(Information shown Opens)
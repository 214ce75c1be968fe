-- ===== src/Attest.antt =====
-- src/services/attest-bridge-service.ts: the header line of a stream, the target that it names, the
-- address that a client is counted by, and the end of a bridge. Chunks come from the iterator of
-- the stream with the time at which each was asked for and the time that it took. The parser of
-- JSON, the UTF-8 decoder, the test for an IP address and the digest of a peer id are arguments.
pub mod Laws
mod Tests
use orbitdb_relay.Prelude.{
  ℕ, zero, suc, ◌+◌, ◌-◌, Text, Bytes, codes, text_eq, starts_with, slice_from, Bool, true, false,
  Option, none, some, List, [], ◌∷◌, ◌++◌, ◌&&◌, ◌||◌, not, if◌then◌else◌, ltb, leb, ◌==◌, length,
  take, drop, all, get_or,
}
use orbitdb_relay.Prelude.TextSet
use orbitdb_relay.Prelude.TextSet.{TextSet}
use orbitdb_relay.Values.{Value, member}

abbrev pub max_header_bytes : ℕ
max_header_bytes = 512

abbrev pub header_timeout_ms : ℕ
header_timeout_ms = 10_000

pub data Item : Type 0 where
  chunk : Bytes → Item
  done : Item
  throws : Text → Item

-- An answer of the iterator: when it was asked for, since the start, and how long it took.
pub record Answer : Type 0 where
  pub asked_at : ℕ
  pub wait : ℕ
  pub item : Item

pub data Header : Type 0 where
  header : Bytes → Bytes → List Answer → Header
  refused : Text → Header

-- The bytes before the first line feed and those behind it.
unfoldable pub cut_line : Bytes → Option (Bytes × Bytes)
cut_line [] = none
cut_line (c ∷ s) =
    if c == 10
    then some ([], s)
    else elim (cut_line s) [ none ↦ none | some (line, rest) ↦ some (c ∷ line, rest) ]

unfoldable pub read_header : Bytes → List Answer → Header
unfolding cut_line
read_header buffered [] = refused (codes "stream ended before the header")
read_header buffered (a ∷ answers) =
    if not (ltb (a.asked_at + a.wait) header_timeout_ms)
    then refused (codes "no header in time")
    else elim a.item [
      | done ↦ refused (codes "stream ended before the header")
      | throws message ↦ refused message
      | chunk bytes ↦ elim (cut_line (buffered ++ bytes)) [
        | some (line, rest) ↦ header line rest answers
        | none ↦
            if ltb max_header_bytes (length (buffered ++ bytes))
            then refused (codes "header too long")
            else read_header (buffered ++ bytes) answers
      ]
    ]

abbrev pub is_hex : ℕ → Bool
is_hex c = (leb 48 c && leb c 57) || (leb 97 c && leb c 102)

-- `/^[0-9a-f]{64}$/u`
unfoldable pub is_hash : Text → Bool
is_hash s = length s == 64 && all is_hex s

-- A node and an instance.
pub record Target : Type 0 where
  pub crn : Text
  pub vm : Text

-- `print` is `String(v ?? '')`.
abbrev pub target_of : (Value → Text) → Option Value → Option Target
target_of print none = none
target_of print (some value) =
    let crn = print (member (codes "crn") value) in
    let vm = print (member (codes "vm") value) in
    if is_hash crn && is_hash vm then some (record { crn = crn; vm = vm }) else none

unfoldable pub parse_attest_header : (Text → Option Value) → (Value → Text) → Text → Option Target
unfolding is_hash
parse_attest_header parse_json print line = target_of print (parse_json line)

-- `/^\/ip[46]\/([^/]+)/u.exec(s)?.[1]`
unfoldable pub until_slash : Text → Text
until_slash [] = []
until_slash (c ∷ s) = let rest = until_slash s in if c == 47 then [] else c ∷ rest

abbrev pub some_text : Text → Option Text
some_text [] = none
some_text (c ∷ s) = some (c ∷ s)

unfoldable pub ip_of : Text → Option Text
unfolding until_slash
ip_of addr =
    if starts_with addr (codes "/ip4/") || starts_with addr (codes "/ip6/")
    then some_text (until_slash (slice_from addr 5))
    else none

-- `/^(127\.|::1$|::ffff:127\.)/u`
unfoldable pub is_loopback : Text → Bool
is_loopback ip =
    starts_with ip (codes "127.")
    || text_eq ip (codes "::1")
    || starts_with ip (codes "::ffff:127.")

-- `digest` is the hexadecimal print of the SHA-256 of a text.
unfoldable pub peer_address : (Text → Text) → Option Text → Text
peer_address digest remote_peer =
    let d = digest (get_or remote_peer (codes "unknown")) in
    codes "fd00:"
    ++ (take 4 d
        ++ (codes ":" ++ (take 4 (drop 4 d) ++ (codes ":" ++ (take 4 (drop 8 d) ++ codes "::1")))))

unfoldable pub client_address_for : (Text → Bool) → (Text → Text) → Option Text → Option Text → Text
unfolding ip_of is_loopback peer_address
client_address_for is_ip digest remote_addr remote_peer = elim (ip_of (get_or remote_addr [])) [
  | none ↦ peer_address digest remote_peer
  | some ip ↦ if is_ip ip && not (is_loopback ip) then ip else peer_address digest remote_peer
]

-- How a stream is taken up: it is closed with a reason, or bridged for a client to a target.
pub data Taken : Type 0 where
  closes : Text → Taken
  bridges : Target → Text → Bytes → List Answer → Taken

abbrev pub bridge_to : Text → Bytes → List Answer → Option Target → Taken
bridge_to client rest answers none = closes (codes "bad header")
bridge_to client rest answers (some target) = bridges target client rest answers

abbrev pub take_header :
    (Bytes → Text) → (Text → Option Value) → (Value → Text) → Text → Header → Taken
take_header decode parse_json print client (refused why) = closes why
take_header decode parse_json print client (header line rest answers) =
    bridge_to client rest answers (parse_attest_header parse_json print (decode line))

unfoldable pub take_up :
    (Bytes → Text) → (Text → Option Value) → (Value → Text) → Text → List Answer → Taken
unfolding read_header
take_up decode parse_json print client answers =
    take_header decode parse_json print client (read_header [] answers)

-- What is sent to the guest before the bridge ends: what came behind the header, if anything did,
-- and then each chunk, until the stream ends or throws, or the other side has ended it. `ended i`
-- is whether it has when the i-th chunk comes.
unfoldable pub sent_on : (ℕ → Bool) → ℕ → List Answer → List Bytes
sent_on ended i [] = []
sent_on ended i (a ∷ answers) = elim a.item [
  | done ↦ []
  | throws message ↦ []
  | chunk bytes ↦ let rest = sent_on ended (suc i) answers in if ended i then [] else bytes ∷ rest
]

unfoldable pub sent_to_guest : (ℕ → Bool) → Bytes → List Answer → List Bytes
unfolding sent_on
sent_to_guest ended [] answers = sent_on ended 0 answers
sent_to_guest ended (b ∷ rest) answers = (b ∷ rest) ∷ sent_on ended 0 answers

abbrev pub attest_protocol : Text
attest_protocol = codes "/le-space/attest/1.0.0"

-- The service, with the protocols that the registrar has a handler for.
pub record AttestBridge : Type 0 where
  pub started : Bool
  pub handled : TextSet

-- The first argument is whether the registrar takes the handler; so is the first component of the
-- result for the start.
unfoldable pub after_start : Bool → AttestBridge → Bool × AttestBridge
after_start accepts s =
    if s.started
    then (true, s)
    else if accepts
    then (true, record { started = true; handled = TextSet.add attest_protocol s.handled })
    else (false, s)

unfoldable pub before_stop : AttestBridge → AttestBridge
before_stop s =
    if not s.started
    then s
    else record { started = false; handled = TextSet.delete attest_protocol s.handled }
(Information shown Closes)
(Information shown Opens)
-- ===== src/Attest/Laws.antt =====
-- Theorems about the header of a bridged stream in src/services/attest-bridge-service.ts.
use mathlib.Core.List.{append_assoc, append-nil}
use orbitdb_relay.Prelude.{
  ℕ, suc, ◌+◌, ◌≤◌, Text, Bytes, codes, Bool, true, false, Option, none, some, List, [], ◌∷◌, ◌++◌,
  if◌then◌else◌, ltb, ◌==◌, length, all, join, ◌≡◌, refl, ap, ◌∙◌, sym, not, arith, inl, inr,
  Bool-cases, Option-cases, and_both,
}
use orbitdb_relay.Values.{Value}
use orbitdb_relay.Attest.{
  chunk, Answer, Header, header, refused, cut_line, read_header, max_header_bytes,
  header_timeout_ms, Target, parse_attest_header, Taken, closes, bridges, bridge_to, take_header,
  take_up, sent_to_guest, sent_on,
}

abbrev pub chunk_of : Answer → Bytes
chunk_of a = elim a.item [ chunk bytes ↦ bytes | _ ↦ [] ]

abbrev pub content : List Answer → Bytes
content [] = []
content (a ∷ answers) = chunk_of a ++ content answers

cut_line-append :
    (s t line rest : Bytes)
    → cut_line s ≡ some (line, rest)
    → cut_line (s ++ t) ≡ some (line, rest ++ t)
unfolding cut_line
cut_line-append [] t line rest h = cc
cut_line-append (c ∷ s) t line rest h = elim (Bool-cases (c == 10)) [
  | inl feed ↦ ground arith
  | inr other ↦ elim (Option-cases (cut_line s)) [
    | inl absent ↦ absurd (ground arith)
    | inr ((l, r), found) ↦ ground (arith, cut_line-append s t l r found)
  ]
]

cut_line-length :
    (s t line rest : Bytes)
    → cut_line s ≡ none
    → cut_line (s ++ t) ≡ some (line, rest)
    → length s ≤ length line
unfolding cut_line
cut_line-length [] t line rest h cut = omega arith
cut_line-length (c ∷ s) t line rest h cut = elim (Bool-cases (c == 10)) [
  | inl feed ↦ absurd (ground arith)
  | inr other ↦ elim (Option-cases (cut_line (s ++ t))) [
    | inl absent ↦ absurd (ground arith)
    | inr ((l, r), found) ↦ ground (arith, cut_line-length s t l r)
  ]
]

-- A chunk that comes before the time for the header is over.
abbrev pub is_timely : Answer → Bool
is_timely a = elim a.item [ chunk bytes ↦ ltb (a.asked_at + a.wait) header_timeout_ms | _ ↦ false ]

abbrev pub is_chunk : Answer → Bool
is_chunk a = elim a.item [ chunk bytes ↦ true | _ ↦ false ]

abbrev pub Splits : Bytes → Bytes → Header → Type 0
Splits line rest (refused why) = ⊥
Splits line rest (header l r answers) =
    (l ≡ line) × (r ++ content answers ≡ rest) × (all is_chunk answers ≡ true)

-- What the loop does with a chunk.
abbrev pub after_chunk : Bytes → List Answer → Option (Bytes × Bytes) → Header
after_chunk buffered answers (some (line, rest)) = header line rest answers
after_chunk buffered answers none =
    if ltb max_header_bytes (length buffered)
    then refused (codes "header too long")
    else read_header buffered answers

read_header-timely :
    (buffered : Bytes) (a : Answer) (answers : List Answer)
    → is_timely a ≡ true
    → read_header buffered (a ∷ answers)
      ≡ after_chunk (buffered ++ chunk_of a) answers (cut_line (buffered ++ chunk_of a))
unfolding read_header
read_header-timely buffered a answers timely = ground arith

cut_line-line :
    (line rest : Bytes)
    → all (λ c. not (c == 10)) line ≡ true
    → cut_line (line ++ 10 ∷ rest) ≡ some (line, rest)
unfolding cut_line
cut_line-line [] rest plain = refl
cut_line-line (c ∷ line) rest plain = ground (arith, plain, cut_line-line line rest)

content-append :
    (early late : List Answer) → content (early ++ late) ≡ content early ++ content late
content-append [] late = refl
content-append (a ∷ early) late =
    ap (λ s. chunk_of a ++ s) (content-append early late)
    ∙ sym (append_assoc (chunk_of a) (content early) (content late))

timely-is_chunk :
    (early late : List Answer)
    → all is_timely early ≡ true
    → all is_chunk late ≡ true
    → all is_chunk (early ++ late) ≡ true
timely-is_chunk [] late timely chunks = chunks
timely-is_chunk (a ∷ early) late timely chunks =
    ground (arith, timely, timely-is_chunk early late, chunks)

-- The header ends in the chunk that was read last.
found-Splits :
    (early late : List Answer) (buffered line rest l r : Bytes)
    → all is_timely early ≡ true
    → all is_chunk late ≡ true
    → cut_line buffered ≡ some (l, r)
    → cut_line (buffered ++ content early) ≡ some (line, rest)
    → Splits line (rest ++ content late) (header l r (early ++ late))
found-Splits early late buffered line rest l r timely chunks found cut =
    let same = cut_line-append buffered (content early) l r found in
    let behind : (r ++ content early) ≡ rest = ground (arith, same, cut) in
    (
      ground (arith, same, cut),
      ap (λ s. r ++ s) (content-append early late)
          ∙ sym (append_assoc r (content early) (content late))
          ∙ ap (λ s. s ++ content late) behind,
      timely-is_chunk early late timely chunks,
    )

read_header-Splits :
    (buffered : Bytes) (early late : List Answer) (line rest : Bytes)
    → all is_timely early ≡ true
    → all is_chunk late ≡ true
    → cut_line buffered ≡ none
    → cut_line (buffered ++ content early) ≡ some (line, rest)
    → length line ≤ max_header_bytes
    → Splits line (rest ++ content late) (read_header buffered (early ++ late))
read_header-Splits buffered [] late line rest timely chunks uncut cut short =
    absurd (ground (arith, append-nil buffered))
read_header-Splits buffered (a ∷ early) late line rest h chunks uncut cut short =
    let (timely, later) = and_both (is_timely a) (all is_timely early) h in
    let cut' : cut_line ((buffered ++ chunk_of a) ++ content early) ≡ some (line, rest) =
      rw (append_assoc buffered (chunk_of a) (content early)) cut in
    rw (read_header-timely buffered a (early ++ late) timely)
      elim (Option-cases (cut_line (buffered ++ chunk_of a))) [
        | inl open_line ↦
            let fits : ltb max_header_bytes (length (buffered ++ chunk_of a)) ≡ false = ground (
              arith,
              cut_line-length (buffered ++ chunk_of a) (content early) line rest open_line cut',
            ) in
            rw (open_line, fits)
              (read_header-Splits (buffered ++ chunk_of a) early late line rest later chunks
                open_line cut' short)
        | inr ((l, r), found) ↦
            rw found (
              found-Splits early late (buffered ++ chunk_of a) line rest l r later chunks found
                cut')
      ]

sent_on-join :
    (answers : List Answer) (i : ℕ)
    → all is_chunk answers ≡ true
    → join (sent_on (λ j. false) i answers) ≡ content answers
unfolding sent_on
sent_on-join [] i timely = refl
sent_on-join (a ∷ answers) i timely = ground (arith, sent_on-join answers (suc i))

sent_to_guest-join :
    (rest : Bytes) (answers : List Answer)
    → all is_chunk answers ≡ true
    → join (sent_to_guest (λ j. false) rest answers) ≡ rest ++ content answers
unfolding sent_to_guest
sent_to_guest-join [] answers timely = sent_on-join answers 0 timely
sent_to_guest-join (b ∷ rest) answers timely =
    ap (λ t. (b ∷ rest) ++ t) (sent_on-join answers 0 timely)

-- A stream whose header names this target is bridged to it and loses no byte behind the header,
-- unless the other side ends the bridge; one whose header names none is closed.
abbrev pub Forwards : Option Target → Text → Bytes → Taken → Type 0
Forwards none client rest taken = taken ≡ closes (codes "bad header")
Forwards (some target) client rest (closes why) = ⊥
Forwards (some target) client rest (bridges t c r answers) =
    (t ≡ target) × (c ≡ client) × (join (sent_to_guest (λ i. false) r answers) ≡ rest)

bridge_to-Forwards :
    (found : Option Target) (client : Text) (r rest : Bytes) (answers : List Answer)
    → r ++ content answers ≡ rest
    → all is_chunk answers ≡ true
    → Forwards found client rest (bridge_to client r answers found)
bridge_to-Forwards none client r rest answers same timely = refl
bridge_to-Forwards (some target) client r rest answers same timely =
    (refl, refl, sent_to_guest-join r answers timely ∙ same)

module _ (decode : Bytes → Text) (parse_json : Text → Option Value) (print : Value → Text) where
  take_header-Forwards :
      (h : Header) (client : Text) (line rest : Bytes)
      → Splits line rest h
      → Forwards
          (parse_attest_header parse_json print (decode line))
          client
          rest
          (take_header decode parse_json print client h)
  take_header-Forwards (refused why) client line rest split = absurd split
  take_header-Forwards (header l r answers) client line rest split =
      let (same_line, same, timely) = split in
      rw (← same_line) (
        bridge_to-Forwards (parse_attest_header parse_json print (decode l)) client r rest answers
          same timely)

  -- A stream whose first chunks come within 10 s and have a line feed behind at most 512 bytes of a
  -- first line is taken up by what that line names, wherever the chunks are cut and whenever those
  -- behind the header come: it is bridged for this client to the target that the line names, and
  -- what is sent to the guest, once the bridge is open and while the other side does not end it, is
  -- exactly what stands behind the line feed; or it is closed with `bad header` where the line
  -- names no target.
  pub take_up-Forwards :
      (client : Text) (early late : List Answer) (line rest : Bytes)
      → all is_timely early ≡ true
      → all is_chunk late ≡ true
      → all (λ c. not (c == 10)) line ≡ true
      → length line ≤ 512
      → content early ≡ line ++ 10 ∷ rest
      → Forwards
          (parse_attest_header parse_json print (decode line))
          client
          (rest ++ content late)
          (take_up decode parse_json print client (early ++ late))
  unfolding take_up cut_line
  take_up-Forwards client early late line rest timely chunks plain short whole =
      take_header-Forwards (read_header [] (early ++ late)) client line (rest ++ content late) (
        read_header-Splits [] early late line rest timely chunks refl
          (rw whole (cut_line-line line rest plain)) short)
(Information shown Closes)
(Information shown Opens)
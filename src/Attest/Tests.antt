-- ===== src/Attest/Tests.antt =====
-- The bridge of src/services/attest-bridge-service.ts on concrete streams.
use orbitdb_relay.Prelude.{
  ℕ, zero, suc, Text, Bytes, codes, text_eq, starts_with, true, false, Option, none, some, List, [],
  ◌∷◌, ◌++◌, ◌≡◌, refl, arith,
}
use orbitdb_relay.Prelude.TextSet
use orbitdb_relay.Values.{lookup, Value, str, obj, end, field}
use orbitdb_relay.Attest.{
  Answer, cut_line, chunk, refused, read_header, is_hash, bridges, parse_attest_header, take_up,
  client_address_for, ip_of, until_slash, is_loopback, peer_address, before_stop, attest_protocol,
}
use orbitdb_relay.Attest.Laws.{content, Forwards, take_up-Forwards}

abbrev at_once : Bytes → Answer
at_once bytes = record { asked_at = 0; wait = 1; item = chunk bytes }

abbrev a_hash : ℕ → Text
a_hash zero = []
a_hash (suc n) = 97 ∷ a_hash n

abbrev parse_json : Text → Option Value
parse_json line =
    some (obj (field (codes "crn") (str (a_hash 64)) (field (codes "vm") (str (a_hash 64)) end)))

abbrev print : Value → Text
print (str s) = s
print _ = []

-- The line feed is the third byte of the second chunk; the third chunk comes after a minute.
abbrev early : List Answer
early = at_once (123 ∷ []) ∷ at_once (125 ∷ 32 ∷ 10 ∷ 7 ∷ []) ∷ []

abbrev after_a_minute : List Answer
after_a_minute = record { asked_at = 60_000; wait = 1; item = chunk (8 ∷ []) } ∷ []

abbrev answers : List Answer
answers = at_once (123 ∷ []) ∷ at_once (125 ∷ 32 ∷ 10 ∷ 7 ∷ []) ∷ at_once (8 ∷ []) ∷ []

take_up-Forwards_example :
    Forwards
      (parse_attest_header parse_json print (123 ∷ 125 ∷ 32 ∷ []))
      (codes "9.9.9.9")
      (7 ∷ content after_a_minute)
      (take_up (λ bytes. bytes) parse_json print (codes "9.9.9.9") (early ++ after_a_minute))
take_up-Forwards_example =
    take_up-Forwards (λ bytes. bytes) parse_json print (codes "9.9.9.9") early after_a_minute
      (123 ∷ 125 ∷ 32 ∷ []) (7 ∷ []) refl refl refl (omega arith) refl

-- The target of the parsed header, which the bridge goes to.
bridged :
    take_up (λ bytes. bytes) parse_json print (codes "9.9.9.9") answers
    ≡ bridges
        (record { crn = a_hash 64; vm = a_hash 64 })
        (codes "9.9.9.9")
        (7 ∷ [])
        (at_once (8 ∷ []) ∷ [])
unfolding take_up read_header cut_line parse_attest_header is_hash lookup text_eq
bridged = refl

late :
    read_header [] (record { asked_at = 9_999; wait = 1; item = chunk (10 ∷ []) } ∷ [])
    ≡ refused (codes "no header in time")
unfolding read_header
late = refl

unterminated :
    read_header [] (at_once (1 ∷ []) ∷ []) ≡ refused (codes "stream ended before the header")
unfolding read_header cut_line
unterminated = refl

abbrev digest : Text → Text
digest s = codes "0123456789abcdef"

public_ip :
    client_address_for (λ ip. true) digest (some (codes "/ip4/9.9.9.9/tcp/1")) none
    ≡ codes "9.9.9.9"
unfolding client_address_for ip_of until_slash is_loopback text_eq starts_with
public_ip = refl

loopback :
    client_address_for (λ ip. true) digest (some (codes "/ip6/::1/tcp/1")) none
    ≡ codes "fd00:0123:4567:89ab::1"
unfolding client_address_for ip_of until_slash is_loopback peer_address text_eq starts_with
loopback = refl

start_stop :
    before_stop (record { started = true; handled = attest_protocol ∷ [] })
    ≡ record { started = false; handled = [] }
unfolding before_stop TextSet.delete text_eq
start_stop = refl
(Information shown Closes)
▶ **How to complete this task**
What is asked for is an exact copy of the lines above from the one containing "bytes ↦ elim" through the one containing "pub crn : Text", and only those.

▶ **Your solution**
      | chunk bytes ↦ elim (cut_line (buffered ++ bytes)) [
        | some (line, rest) ↦ header line rest answers
        | none ↦
            if ltb max_header_bytes (length (buffered ++ bytes))
            then refused (codes "header too long")
            else read_header (buffered ++ bytes) answers
      ]
    ]

abbrev pub is_hex : ℕ → Bool
is_hex c = (leb 48 c && leb c 57) || (leb 97 c && leb c 102)

-- `/^[0-9a-f]{64}$/u`
unfoldable pub is_hash : Text → Bool
is_hash s = length s == 64 && all is_hex s

-- A node and an instance.
pub record Target : Type 0 where
  pub crn : Text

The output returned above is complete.